Doordash is better for me with tips


----------



## KMANDERSON (Jul 19, 2015)

itsablackmarket said:


> Not bad. Ok I have a couple of questions. Do they give you that time block or can you log off and on like Uber? Do they tell you where to be or give orders based on your proximity to where you are and you can be anywhere you want in the city?


Doordash you have to be on a schedule.postmates you can be on a schedule our do it like uber and lyft.If you on the schedule you get priority.meaning if a job come up you will get it before the non scheduled driver


----------



## BostonTaxiDriver (Nov 23, 2014)

And Postmates/DoorDash are also better than Uber because in most cases, clients don't care if you're elderly, gay, female or male, outgoing, fat, have an accent, interesting...JUST deliver ON TIME.
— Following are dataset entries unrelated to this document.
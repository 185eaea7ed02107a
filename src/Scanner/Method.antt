-- ===== src/Scanner/Method.antt =====
-- pywayland/scanner/method.py, request.py and event.py: the messages of an interface.
pub mod Request
pub mod Event
pub mod Layout
pub mod Imports
use pywayland_i6ie.Base.{
  ℕ, String, ◌<>◌, Bool, true, false, Option, none, some, List, [], ◌∷◌, ◌++◌, Result, ok, err,
  ◌>>=◌, if◌then◌else◌, ◌==◌, ◌||◌, String-Eq, key_error,
}
use pywayland_i6ie.Base.Dict.{Dict, lookup}
use pywayland_i6ie.Base.Text.{join}
use pywayland_i6ie.Base.Words.{camel_case}
use pywayland_i6ie.Scanner.Library.{Library}
use pywayland_i6ie.Scanner.Printer.{Output, ◌⨾◌, line, blank, each, indented, when_some, when}
use pywayland_i6ie.Scanner.Xml.{
  Xml, parse_attribute, parse_optional_attribute, parse_optional_child, parse_repeated_child,
  present,
}
use pywayland_i6ie.Scanner.Description.{Description, parse_description, output_description}
use pywayland_i6ie.Scanner.Argument.{Argument, parse_argument, argument_text}

pub record Method : Type 0 where
  pub name : String
  pub since : Option String
  pub description : Option Description
  pub arg : List Argument

-- `name += "_"` where the name is a word of Python's.
abbrev python_name : String → String
python_name name = if (name == "global") || (name == "import") then name <> "_" else name

-- What `Request.parse` and `Event.parse` have in common.
unfoldable pub parse_method : Library → Xml → Result Method
unfolding parse_attribute parse_optional_attribute parse_optional_child parse_repeated_child
    parse_description parse_argument
parse_method L x = do
  name ← parse_attribute x "name"
  let since = parse_optional_attribute x "since"
  description ← parse_optional_child (parse_description L) x "description"
  arg ← parse_repeated_child (parse_argument L) x "arg"
  ok (record { name = python_name name; since = since; description = description; arg = arg })

-- `module_imports[interface]`
item : Option String → Result String
item none = err key_error
item (some protocol) = ok protocol

unfoldable pub protocol_of : Dict String → String → Result String
unfolding item
protocol_of module_imports interface = item (lookup interface module_imports)

abbrev import_path : String → String → String → String
import_path current_protocol import_protocol interface =
    if current_protocol == import_protocol then "." <> interface else ".." <> import_protocol

-- The loop of `imports`, behind the lookup of the method's own interface.
module _ (interface : String) (module_imports : Dict String) (current_protocol : String) where
  import_for : Option String → Result (List (String × String))
  import_for none = ok []
  import_for (some other) =
      let found : Result (List (String × String)) = (do
        import_protocol ← protocol_of module_imports other
        ok ((import_path current_protocol import_protocol other, camel_case other) ∷ [])) in
      if other == interface then ok [] else found

  imports_of : List Argument → Result (List (String × String))
  unfolding import_for
  imports_of [] = ok []
  imports_of (a ∷ arg) = do
    first ← import_for a.interface
    rest ← imports_of arg
    ok (first ++ rest)

unfoldable pub imports : Method → String → Dict String → Result (List (String × String))
unfolding imports_of
imports m interface module_imports = do
  current_protocol ← protocol_of module_imports interface
  imports_of interface module_imports current_protocol m.arg

-- What the two subclasses give to the class: the decorator's name, the parameters, the return type,
-- and the docs and the body that they print.
pub record MethodClass : Type 0 where
  pub method : Method
  pub method_type : String
  pub method_args : List String
  pub return_type : String
  pub output_doc_params : Output
  pub output_body : ℕ → Output

module _ (L : Library) where
  output_docs : MethodClass → Output
  output_docs c =
      (elim c.method.description [
        | none ↦ line ("\"\"\"" <> c.method.name)
        | some description ↦ output_description L description
      ])
      ⨾ (elim c.method.arg [ [] ↦ ok | _ ∷ _ ↦ blank ⨾ c.output_doc_params ])
      ⨾ line "\"\"\""

  -- The decorator, over several lines if there are arguments.
  output_decorator : MethodClass → String → List Argument → Option String → Output
  output_decorator c in_class [] none = line ("@" <> in_class <> "." <> c.method_type <> "()")
  output_decorator c in_class [] (some since) =
      line ("@" <> in_class <> "." <> c.method_type <> "(version=" <> since <> ")")
  output_decorator c in_class (a ∷ arg) since =
      line ("@" <> in_class <> "." <> c.method_type <> "(")
      ⨾ indented (
          each (λ (x : Argument). line (argument_text x <> ",")) (a ∷ arg)
          ⨾ when_some since (λ version. line ("version=" <> version <> ",")))
      ⨾ line ")"

  unfoldable pub output_method : MethodClass → ℕ → String → Output
  unfolding output_docs output_decorator
  output_method c opcode in_class =
      output_decorator c in_class c.method.arg (present c.method.since)
      ⨾ line (
          "def "
          <> c.method.name
          <> "("
          <> join ", " ("self" ∷ c.method_args)
          <> ") -> "
          <> c.return_type
          <> ":")
      ⨾ indented (output_docs c ⨾ c.output_body opcode)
I would miss the small talk with pax, though, because I like chatting and educating tourists on spots in Boston. But I realize it's just a job to most drivers, and they prefer no interaction with pax, right?


----------



## KMANDERSON (Jul 19, 2015)

BostonTaxiDriver said:


> And Postmates/DoorDash are also better than Uber because in most cases, clients don't care if you're elderly, gay, female or make, outgoing, fat, have an accent, interesting...JUST deliver ON TIME.
> 
> I would miss the small talk with pax, though, because I like chatting and educating tourists on spots in Boston. But I realize it's just a job to most drivers, and they prefer no interaction with pax, right?


Damn I don't miss people in my car at all.


----------



## atomix (May 10, 2015)

KMANDERSON said:


> Damn I don't miss people in my car at all.


Food can slide all over the place, fall on the ground, and smell like horse fart, BUT at least it keeps quiet, doesn't ask same question over and over--"so, can I change the station?"--try to have sex in back seat (yea, seriously), back-seat navigate, etc, etc, etc.

By the way, love playing what I damn want as loud as I damn want, including heavy metal and Pink Floyd.


----------



## Fuzzyelvis (Dec 7, 2014)

BostonTaxiDriver said:


> And Postmates/DoorDash are also better than Uber because in most cases, clients don't care if you're elderly, gay, female or make, outgoing, fat, have an accent, interesting...JUST deliver ON TIME.
> 
> I would miss the small talk with pax, though, because I like chatting and educating tourists on spots in Boston. But I realize it's just a job to most drivers, and they prefer no interaction with pax, right?


After the first week I just wanted them to STFU and not touch anything.

I also deliver pizza and the only stress there is with the store people. I like nights when I walk in and grab pizza and leave.

People are overrated.


----------



## KMANDERSON (Jul 19, 2015)

atomix said:


> Food can slide all over the place, fall on the ground, and smell like horse fart, BUT at least it keeps quiet, doesn't ask same question over and over--"so, can I change the station?"--try to have sex in back seat (yea, seriously), back-seat navigate, etc, etc, etc.
> 
> By the way, love playing what I damn want as loud as I damn want, including heavy metal and Pink Floyd.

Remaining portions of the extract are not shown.